We live in the era of social media networks and are consequently experiencing an “infodemic”. This overabundance of information includes much that is accurate and useful, as well as much that is false or misleading. This should be a cause of concern for all healthcare professionals because it can have serious repercussions on patient health, causing damage to credibility and distrust of treatments.

Social media networks will continue to exist and grow. Due to their easy access, they are increasingly becoming information sources for the general population and the information is shared among users. YouTube® alone receives more than 2 billion views daily and 8 out of every 10 Internet users seek healthcare information there. Patients with chronic diseases are the ones that search for information on the Internet about their specific disease the most, and the information they find has an impact on the management and follow-up of their conditions. The problem is that much of the information is anecdotal and there are no regulatory mechanisms or monitoring guidelines for content, leading to the danger of information being false or misleading.

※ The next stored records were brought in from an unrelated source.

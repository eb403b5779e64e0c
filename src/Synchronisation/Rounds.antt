-- ===== src/Synchronisation/Rounds.antt =====
-- scheduler/src/api/handlers/worker_sync.rs: `run_reconciler_for_worker` on the sessions that the
-- worker holds, and `run_reconciler_for_session`.
-- Job Proc
use agentbeacon.Statements.{get_session, count_pending_turns, get_execution}
use agentbeacon.Statements.Sync.{find_sessions_for_worker}
use agentbeacon.Procedures.{done, ◌>>=◌, ◌>>◌, wake_waiters}
use agentbeacon.Tables.{Session, Execution}
use agentbeacon.Reconciler.Reconcile.{reconcile}
use agentbeacon.Reconciler.Cascade.{Job, query}
use agentbeacon.Synchronisation.Requests.{Server, caught, holds}
use agentbeacon.Reconciler.Commands.{ReconcilerAction, CommandAction}
use agentbeacon.Base.{
  Bool, Option, String, false, List, true, if◌then◌else◌, some, ℕ, ◌∷◌, none, suc, [], zero,
  unwrap_or,
}

pub data ReconcilerResult : Type 0 where
  command : String → CommandAction → ReconcilerResult
  no_action pending_command nothing_found : ReconcilerResult

-- What the actions so far came to.
pub record Seen : Type 0 where
  pub any_repaired : Bool
  pub sessions_mutated : Bool
  pub has_pending_command : Bool

pub data Sweep : Type 0 where
  sent : String → CommandAction → Sweep
  over : Seen → Sweep

abbrev pub nothing_seen : Seen
nothing_seen = record {
  any_repaired = false;
  sessions_mutated = false;
  has_pending_command = false;
}

abbrev pub note : ReconcilerAction → Seen → Sweep
note (ReconcilerAction.send_command token action) seen = sent token action
note ReconcilerAction.repaired seen =
    over (record seen { any_repaired = true; sessions_mutated = true })
note ReconcilerAction.mutated seen = over (record seen { sessions_mutated = true })
note ReconcilerAction.pending_command seen = over (record seen { has_pending_command = true })
note ReconcilerAction.no_action seen = over seen

-- An error of the reconciler, or of the reading of the execution, passes the session over.
abbrev pub note_any : Option (Option ReconcilerAction) → Seen → Sweep
note_any (some (some action)) seen = note action seen
note_any _ seen = over seen

unfoldable pub wake_if : Bool → Job (Unit {0})
wake_if b = if b then wake_waiters else done tt

module _ (server : Server) (worker_id : String) where
  unfoldable pub reconcile_for :
      Bool → Option String → Session → ℕ → Option Execution → Job (Option (Option ReconcilerAction))
  unfolding caught reconcile
  reconcile_for command_ok holder session pending none = done none
  reconcile_for command_ok holder session pending (some execution) = do
    action ←
        caught
          (reconcile server.composer server.fuel session pending execution command_ok holder true)
    done (some action)

  -- `none` where there is no execution, `some none` where the reconciler fails.
  unfoldable pub reconcile_session :
      Bool → Option String → Session → Job (Option (Option ReconcilerAction))
  unfolding caught reconcile_for
  reconcile_session command_ok holder session = do
    pending ← caught (query (count_pending_turns session.id))
    execution ← caught (query (get_execution session.execution_id))
    reconcile_for command_ok holder session (unwrap_or pending 0) execution

  abbrev pub after_sweep : (Seen → Job Sweep) → Sweep → Job Sweep
  after_sweep next (sent token action) = done (sent token action)
  after_sweep next (over seen) = next seen

  unfoldable pub sweep : List Session → Seen → Job Sweep
  unfolding reconcile_session
  sweep [] seen = done (over seen)
  sweep (session ∷ rest) seen = do
    action ← reconcile_session true (some worker_id) session
    after_sweep (sweep rest) (note_any action seen)

  -- Another pass if something was repaired.
  abbrev pub pass_again : (Seen → Job Sweep) → Seen → Job Sweep
  pass_again next seen = if seen.any_repaired then next seen else done (over seen)

  unfoldable pub pass : (Seen → Job Sweep) → Option (List Session) → Seen → Job Sweep
  unfolding sweep
  pass next none seen = done (over seen)
  pass next (some fresh) seen = do
    swept ← sweep fresh (record seen { any_repaired = false })
    after_sweep (pass_again next) swept

  unfoldable pub passes : ℕ → Seen → Job Sweep
  unfolding caught find_sessions_for_worker pass
  passes zero seen = done (over seen)
  passes (suc n) seen = do
    fresh ← caught (query (find_sessions_for_worker worker_id))
    pass (passes n) fresh seen

  unfoldable pub report_sweep : Sweep → Job ReconcilerResult
  unfolding wake_if
  report_sweep (sent token action) = done (command token action)
  report_sweep (over seen) = do
    wake_if seen.sessions_mutated
    done (if seen.has_pending_command then pending_command else no_action)

  unfoldable pub run_for_held : Job ReconcilerResult
  unfolding passes report_sweep
  run_for_held = do swept ← passes 2 nothing_seen; report_sweep swept

  -- One session, which the worker must hold.
  unfoldable pub ends : Bool → Job ReconcilerResult
  unfolding wake_if
  ends mutated = do wake_if mutated; done no_action

  abbrev pub after_action :
      Job ReconcilerResult → Bool → Option (Option ReconcilerAction) → Job ReconcilerResult
  after_action again mutated none = done nothing_found
  after_action again mutated (some none) = ends mutated
  after_action again mutated (some (some (ReconcilerAction.send_command token action))) =
      done (command token action)
  after_action again mutated (some (some ReconcilerAction.pending_command)) = done pending_command
  after_action again mutated (some (some ReconcilerAction.repaired)) = again
  after_action again mutated (some (some ReconcilerAction.mutated)) = ends true
  after_action again mutated (some (some ReconcilerAction.no_action)) = ends mutated

  unfoldable pub visit : Job ReconcilerResult → Bool → Option Session → Job ReconcilerResult
  unfolding reconcile_session ends
  visit again mutated none = done nothing_found
  visit again mutated (some session) =
      if holds worker_id session
      then (do
        action ← reconcile_session true (some worker_id) session
        after_action again mutated action)
      else done nothing_found

  unfoldable pub visits : ℕ → String → Bool → Job ReconcilerResult
  unfolding caught get_session visit ends
  visits zero session_id mutated = ends mutated
  visits (suc n) session_id mutated = do
    session ← caught (query (get_session session_id))
    visit (visits n session_id true) mutated session

  unfoldable pub run_reconciler_for_session : String → Job ReconcilerResult
  unfolding visits
  run_reconciler_for_session session_id = visits 2 session_id false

Although the article published in this issue highlights the point for IBD, other references indicate that there is very little difference between the frequency of visits to sites with misleading information and those with true information, and they corroborate the fact that reliable information generally comes from professional and governmental organizations. Another serious problem with YouTube® is that it is also utilized to promote nonscientific therapeutics or those in the process of approval, having the potential to change the user’s mind regarding controversial topics. In addition, pharmaceutical companies and for-profit institutions use YouTube® as a source of advertising. At the same time, YouTube® can be a very effective site for accurate information.2

The clearest example of YouTube® as a double-edged sword was during the COVID-19 pandemic. The pandemic has been the greatest public health emergency of the century and a large part of its management was highly dependent on information, much of it diffused on social media platforms, including YouTube®.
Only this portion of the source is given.